▶ _Your objective_: From the line containing "outbox = queued tenant_id entry db;" down to the line containing "t i db ≡ some s" in the records below, reproduce every line exactly, ends included, and omit all others.

+---+

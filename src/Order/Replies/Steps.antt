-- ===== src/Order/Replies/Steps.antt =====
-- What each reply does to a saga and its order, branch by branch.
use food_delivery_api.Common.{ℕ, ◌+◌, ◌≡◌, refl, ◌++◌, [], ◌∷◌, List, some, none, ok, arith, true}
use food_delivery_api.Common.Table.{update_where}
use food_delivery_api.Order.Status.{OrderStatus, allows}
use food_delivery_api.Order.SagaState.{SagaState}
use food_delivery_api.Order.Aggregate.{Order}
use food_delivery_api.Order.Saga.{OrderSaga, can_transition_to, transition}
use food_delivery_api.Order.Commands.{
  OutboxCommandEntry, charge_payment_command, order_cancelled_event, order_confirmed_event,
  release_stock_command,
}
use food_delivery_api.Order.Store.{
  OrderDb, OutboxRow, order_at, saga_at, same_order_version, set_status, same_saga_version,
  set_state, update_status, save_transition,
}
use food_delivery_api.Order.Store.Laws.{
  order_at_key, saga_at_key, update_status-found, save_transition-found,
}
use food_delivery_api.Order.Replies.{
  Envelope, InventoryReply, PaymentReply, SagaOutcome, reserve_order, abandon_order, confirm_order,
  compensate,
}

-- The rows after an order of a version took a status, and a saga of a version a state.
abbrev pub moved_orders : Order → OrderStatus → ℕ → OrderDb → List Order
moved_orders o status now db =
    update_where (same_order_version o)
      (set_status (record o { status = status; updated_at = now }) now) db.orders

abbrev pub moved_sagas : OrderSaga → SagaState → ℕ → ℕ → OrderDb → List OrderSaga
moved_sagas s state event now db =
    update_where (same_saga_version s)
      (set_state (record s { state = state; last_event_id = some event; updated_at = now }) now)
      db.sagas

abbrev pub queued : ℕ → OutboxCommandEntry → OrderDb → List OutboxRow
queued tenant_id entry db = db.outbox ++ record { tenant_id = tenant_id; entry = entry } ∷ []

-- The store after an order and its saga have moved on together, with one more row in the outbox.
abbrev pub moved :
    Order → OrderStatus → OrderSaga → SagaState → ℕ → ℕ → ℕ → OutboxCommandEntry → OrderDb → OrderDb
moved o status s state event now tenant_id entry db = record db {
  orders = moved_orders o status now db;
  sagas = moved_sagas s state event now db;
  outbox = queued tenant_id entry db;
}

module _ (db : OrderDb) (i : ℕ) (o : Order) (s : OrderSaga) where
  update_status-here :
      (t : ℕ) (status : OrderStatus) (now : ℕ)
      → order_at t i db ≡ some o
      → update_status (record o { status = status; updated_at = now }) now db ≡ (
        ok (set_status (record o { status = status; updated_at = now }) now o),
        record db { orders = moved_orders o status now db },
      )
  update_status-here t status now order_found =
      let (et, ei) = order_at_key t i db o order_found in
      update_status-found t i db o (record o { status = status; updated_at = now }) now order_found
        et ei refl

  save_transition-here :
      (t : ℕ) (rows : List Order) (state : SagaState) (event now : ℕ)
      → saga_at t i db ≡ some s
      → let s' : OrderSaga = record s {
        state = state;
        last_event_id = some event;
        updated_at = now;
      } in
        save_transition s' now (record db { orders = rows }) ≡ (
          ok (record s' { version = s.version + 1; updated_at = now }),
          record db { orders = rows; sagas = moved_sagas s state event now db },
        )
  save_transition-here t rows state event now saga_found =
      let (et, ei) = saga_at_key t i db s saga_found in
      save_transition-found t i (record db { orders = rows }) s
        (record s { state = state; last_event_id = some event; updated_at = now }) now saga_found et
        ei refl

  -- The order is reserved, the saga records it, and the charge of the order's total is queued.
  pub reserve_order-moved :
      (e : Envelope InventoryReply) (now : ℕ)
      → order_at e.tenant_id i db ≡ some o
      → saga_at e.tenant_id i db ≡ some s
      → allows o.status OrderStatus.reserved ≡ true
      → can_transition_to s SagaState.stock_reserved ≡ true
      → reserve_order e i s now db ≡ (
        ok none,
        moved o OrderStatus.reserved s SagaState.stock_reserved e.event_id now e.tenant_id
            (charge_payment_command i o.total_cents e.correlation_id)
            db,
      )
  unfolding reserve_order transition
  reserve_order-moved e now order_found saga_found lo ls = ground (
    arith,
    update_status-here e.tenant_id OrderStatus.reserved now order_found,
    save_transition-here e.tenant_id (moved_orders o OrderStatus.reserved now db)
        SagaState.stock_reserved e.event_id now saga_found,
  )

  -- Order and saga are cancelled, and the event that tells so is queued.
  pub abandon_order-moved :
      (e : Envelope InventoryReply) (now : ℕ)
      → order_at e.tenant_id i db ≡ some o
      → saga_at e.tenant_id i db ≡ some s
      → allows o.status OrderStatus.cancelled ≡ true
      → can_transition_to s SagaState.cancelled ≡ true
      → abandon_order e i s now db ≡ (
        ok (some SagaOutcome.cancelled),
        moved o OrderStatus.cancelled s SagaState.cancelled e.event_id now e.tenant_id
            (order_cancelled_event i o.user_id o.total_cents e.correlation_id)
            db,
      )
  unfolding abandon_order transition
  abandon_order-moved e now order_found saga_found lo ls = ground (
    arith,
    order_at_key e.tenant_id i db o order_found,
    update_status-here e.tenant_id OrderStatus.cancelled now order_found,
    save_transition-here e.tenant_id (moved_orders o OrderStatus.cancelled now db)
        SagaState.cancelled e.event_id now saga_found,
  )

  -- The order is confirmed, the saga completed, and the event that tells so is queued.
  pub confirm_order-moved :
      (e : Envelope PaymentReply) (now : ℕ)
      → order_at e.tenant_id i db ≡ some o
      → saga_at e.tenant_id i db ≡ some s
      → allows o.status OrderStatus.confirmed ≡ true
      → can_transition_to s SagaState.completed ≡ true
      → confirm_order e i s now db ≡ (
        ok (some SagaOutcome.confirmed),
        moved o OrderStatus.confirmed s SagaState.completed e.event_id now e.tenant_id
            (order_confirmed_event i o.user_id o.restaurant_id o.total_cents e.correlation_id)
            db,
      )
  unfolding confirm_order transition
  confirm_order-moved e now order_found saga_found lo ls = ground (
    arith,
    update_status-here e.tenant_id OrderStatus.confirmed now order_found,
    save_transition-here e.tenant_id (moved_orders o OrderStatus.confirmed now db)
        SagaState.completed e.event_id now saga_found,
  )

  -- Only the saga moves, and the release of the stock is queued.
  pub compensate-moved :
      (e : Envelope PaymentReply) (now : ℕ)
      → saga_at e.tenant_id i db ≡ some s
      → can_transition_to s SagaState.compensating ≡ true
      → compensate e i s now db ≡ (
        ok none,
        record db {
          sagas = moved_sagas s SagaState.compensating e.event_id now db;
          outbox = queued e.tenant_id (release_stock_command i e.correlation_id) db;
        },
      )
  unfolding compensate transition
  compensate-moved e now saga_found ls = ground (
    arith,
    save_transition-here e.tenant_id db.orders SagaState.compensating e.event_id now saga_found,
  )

+---+

▶ _Written response_:
  outbox = queued tenant_id entry db;
}

module _ (db : OrderDb) (i : ℕ) (o : Order) (s : OrderSaga) where
  update_status-here :
      (t : ℕ) (status : OrderStatus) (now : ℕ)
      → order_at t i db ≡ some o
      → update_status (record o { status = status; updated_at = now }) now db ≡ (
        ok (set_status (record o { status = status; updated_at = now }) now o),
        record db { orders = moved_orders o status now db },
      )
  update_status-here t status now order_found =
      let (et, ei) = order_at_key t i db o order_found in
      update_status-found t i db o (record o { status = status; updated_at = now }) now order_found
        et ei refl

  save_transition-here :
      (t : ℕ) (rows : List Order) (state : SagaState) (event now : ℕ)
      → saga_at t i db ≡ some s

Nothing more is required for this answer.